Another important intelligent technique used for flashover prediction is SVM, which offers the advantage of global optimality. Least Square SVM (LS-SVM) was proposed in Reference [24] for prediction of pollution severity and critical flashover voltage based on insulator diameter, height, ESDD, and form factor. Ming-Yuan et al. [25] estimated insulator leakage current using SVM by finding correlation between weather conditions and leakage current. Different meteorological parameters were combined with leakage current parameters generated from different types of insulators. Gencoglu et al. [26] proposed LS-SVM for prediction of flashover voltage by generating the training data set from numerical models based on Finite Element Method (FEM). The LS-SVM parameters were tuned using a grid search algorithm for improved accuracy.

Saranya et al. [27,28] proposed a new method for condition monitoring of outdoor insulators by identifying insulator arc faults using phasor angle measurements. The insulator arcs have been classified using SVM to support the design of improved protection schemes for smart grids. A modified LS-SVM scheme has been proposed by applying a fixed set of support vectors to predict the critical flashover voltage under polluted conditions [5]. The Quadratic Renyi Criterion (QRC) is used to select support vectors from the training data set.

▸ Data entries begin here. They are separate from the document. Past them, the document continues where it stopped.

-- ===== src/Rtp/Tests.antt =====
-- A frame of Opus (src/rtp.c).
use libpeer.Base.{ℕ, ◌≡◌, refl, none, some, List, [], ◌∷◌, inr, arith, replicate}
use libpeer.Rtp.Encoder.{
  RtpEncoder, encode_generic, codec_opus, rtp_encoder_init, rtp_encoder_encode_generic,
}
use libpeer.Rtp.Audio.{IsEncoder, IsCarried, advanced, generic_roundtrip}

abbrev opus_encoder : RtpEncoder
opus_encoder = record {
  type = 111;
  encode_func = encode_generic;
  seq_number = 65535;
  ssrc = 6;
  timestamp = 0xffffffff;
  timestamp_increment = 960;
}

-- rtp_encoder_init sets up such an encoder, at number 0 and time 0.
opus_encoder_initialized :
    rtp_encoder_init opus_encoder codec_opus ≡ record opus_encoder { seq_number = 0; timestamp = 0 }
unfolding rtp_encoder_init
opus_encoder_initialized = refl

abbrev opus_frame : List ℕ
opus_frame = 0xfc ∷ 0xff ∷ 0xfe ∷ []

-- A frame of 1417 bytes is written beyond the buffer.
generic_overrun : rtp_encoder_encode_generic opus_encoder (replicate 1417 0) ≡ none
unfolding rtp_encoder_encode_generic
generic_overrun = refl

generic_roundtrip_example :
    (packet : List ℕ) × (rtp_encoder_encode_generic opus_encoder opus_frame
      ≡ some (record { encoder = advanced opus_encoder; packets = packet ∷ [] }))
    × IsCarried opus_encoder opus_frame packet
    × IsEncoder (advanced opus_encoder)
generic_roundtrip_example =
    generic_roundtrip opus_encoder opus_frame
      (record {
        type_fits = omega arith;
        type_apart = inr (omega arith);
        sequence = omega arith;
        time = omega arith;
        source = omega arith;
      })
      (omega arith)
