-- ===== src/Sctp.antt =====
-- SCTP and data channels (src/sctp.h, src/sctp.c), as built without usrsctp.
pub mod Checksum
pub mod State
pub mod Send
pub mod Receive
pub mod Streams
pub mod Sum
pub mod Wire
pub mod Answer
pub mod Data
pub mod Fragments
pub mod Transfer
pub mod Arrive
pub mod Handshake
pub mod Places
pub mod Rounds
pub mod Endless
pub mod Labels
pub mod Channels
pub mod Tests
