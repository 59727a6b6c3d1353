-- ===== src/Stun.antt =====
-- src/stun.h and src/stun.c: STUN messages, written, parsed and checked.
pub mod Message
pub mod Mapped
pub mod Fingerprint
pub mod Write
pub mod Parse
pub mod Valid
pub mod Written
pub mod Append
pub mod Finish
pub mod Read
pub mod Accept
pub mod Build
pub mod Sealed
pub mod MappedWrite
pub mod MappedRoundTrip
pub mod Parsed
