-- ===== src/Routing/Examples.antt =====
-- The theorems at a registry of two backends.
use keycard.Prelude.{
  All, ◌%◌, ◌==◌, pos, arith, ℕ, ◌≡◌, refl, none, some, List, [], ◌∷◌, ok, err, os_error,
  if◌then◌else◌,
}
use keycard.Prelude.Dict.{get, put}
use keycard.Config.Types.{is_known_backend}
use keycard.Config.Examples.{cfg, dev_room}
use keycard.Config.Load.{sub_table, with_rooms, or_builtin, top_backend}
use keycard.Config.Toml.{Table, table, entry, end, integer, find}
use keycard.Routing.{
  Routed, Routing, Call, constructs, opens, resumes, destroys_kept, Factories, name_for,
  new_routing, open_room, resume_room, destroy_kept, pause_routed, get_all, get_backend, note,
  sorted, names_in_use,
}
use keycard.Routing.Startup.{Builds}
use keycard.Config.Warnings.{warned_rooms}
use keycard.Routing.Pauses.{IsNoMicrovm, microvm_is_never_paused}
use keycard.Routing.{routed_can_pause}
use keycard.Session.Machine
use keycard.Session.Machine.{starts, pump_begins, room_opened, hangs_up, teardown_begins}
use keycard.Session.Types.{new_session}
use keycard.Session.Tasks.Channel.{connection_made}
use keycard.Kept.{init}
use keycard.Routing.Home.{Op, opening, dropping, run, kept_goes_home}

-- Both backends exist and can be built.
abbrev two_backends : Factories
two_backends = record { factory = λ name. if is_known_backend name then some none else none }

abbrev ready : Routing
ready = record {
  config = cfg;
  backends = ("docker", 0) ∷ ("firecracker", 1) ∷ [];
  constructed = 2;
  calls = constructs "firecracker" 1 ∷ constructs "docker" 0 ∷ [];
}

ready-new : new_routing two_backends cfg ≡ ok ready
unfolding new_routing get_all get_backend sorted names_in_use with_rooms or_builtin top_backend find
    is_known_backend get put
ready-new = refl

abbrev dev_handle : Routed ℕ
dev_handle = record { backend_name = "firecracker"; inner = 7 }

abbrev opened : Routing
opened = record ready { calls = opens 1 "dev" ∷ ready.calls }

opened-open : open_room two_backends dev_room (ok 7) ready ≡ (ok dev_handle, opened)
unfolding open_room get_backend name_for note get
opened-open = refl

-- Another room is opened and dropped, and a third cannot be.
abbrev others : List Op
others =
    opening (record dev_room { backend = "" }) (ok 8)
    ∷ dropping (record { backend_name = "docker"; inner = 80 })
    ∷ opening dev_room (err os_error)
    ∷ []

kept_goes_home_example :
    let t = run two_backends opened others in
    let kept = pause_routed dev_handle 70 in
    (b : ℕ) × (c : List Call) × (opened.calls ≡ opens b "dev" ∷ c)
    × ((resume_room two_backends kept (ok 9) t).1.calls ≡ resumes b 70 ∷ t.calls)
    × ((destroy_kept two_backends kept t).1.calls ≡ destroys_kept b 70 ∷ t.calls)
kept_goes_home_example =
    kept_goes_home two_backends ready opened dev_room 7 70 dev_handle others (ok 9) opened-open

two_backends-Builds : Builds two_backends
two_backends-Builds name h = ground arith

-- A file that limits the processes of the room.
abbrev limited : Table
limited =
    entry "rooms" (table (entry "dev" (table (entry "pids_limit" (integer (pos 100)) end)) end)) end

limited-warns : warned_rooms cfg limited ≡ "dev" ∷ []
unfolding warned_rooms sub_table find with_rooms or_builtin get
limited-warns = refl

-- Odd rooms are containers, even ones are microVMs.
abbrev mixed_rooms : ℕ → Routed ℕ
mixed_rooms r = record { backend_name = if r % 2 == 0 then "firecracker" else "docker"; inner = r }

microvm_is_never_paused_example :
    All
      (IsNoMicrovm mixed_rooms)
      (Machine.run
        (λ r. routed_can_pause (mixed_rooms r))
        (starts ∷ pump_begins ∷ room_opened 8 ∷ hangs_up ∷ teardown_begins ∷ [])
        (connection_made (new_session 60 "ada" (some (init 300)) 0))).effects
microvm_is_never_paused_example =
    microvm_is_never_paused mixed_rooms 60 0 "ada" (some (init 300))
      (starts ∷ pump_begins ∷ room_opened 8 ∷ hangs_up ∷ teardown_begins ∷ [])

The existing literature demonstrates considerable work on the application of intelligent systems in predicting the flashover voltage of outdoor high voltage insulators. However, there are specific gaps in the current knowledge which need to be further investigated. The existing ANN algorithms used the Gradient Descent (GD) algorithm due to its faster convergence and lower computation time by compromising the prediction accuracy. The current literature also considered insulator height, diameter, form factor, and ESDD as input parameters for flashover prediction, while the flashover voltage also depends on environmental conditions such as temperature, humidity, and non-soluble pollution. Apart from that, fixing the number of neurons, learning rates, and the number of hidden layers significantly changes the prediction accuracy of ANN, which needs to be investigated. One of the major limitations of existing ANN-based prediction models is that most of them rely on data from mathematical models which are based on a particular assumption. Additionally, current mathematical models are applicable to porcelain and glass insulators and cannot be applied to polymeric insulators without modification due to the different flashover mechanism of polymeric insulators as compared to porcelain and glass insulators.

2. Materials and Methods

ANN and other machine learning algorithms have been used to predict critical flashover voltage, leakage current, and ESDD. However, there are some limitations of the existing literature such as; (1) use of insulator dimensions and pollution severity as input parameters for learning and ignoring the environmental conditions (humidity and temperature); (2) using a single learning algorithm for training, for example, GD in most cases; (3) the training data set is either small or generated from mathematical models. This paper presents an intelligent system for flashover voltage prediction of polymeric insulators using experimental results as a training data set for training the ANN. The experimental results of critical flashover voltage are obtained under controlled environmental conditions. To increase the sample space and accuracy of the proposed model, bootstrapping is applied to the actual data set. The proposed NN model is tested for different learning algorithms such as GD, Levenberg-Marquardt (LM), Conjugate Gradient (CG), Quasi-Newton (QN), Resilient Backpropagation (RBP) and Bayesian Regularization Backpropagation (BRBP). The number of neurons in the hidden layer, the number of hidden layers, as well as learning rate, are varied to obtain the optimum parameters. The prediction accuracy of each model is tested using Root Mean Square Error (RMSE), Mean Absolute Percentage Error (MAPE), Regression Value (R) and Normalized Mean Square Error (NRMSE).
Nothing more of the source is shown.